* Data for processing *
____________________

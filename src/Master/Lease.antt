-- ===== src/Master/Lease.antt =====
-- crates/master/src/lease.rs. The clock is read by the caller of each operation.
use mooncache.Prelude.{
  ℕ, Bool, false, List, [], ◌++◌, none, some, ltb, saturating_add, decimal, Text, text, lookup,
  insert, remove,
}
use mooncache.Common.{TenantId, CacheKey, ObjectKey, object_key_eq}
use mooncache.Master.Object.{ReplicaDescriptor}

abbrev pub default_lease_ttl_ms : ℕ
default_lease_ttl_ms = 5000

pub record Lease : Type 0 where
  pub lease_id : Text
  pub expires_at_ms : ℕ

unfoldable pub lease_new_at : ℕ → ℕ → Lease
lease_new_at sequence now_ms = record {
  lease_id = text "lease-" ++ decimal sequence;
  expires_at_ms = saturating_add now_ms default_lease_ttl_ms;
}

pub record ReplicaList : Type 0 where
  pub replicas : List ReplicaDescriptor
  pub lease : Lease

pub record LeaseTracker : Type 0 where
  pub leases : List (ObjectKey × Lease)

abbrev pub no_leases : LeaseTracker
no_leases = record { leases = [] }

-- `LeaseTracker::refresh`, at the time `now_ms`.
unfoldable pub refresh : LeaseTracker → TenantId → CacheKey → ℕ → ℕ → Lease × LeaseTracker
unfolding lease_new_at
refresh tracker tenant_id cache_key sequence now_ms =
    let lease = lease_new_at sequence now_ms in
    (lease, record { leases = insert (tenant_id, cache_key) lease tracker.leases })

unfoldable pub has_active_lease : LeaseTracker → TenantId → CacheKey → ℕ → Bool
has_active_lease tracker tenant_id cache_key now_ms =
    elim (lookup (tenant_id, cache_key) tracker.leases) [
      | none ↦ false
      | some lease ↦ ltb now_ms lease.expires_at_ms
    ]

-- `LeaseTracker::remove`
unfoldable pub drop_lease : LeaseTracker → TenantId → CacheKey → LeaseTracker
drop_lease tracker tenant_id cache_key = record {
  leases = remove (tenant_id, cache_key) tracker.leases;
}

____________________

* Exercise goal *
Looking at the data above, write out exactly the lines that start at the one containing "abbrev pub default_lease_ttl_ms : ℕ" and end at the one containing "unfolding lease_new_at"; include both and nothing beyond.

* The answer *
abbrev pub default_lease_ttl_ms : ℕ
default_lease_ttl_ms = 5000

pub record Lease : Type 0 where
  pub lease_id : Text
  pub expires_at_ms : ℕ

unfoldable pub lease_new_at : ℕ → ℕ → Lease
lease_new_at sequence now_ms = record {
  lease_id = text "lease-" ++ decimal sequence;
  expires_at_ms = saturating_add now_ms default_lease_ttl_ms;
}

pub record ReplicaList : Type 0 where
  pub replicas : List ReplicaDescriptor
  pub lease : Lease

pub record LeaseTracker : Type 0 where
  pub leases : List (ObjectKey × Lease)

abbrev pub no_leases : LeaseTracker
no_leases = record { leases = [] }

-- `LeaseTracker::refresh`, at the time `now_ms`.
unfoldable pub refresh : LeaseTracker → TenantId → CacheKey → ℕ → ℕ → Lease × LeaseTracker
unfolding lease_new_at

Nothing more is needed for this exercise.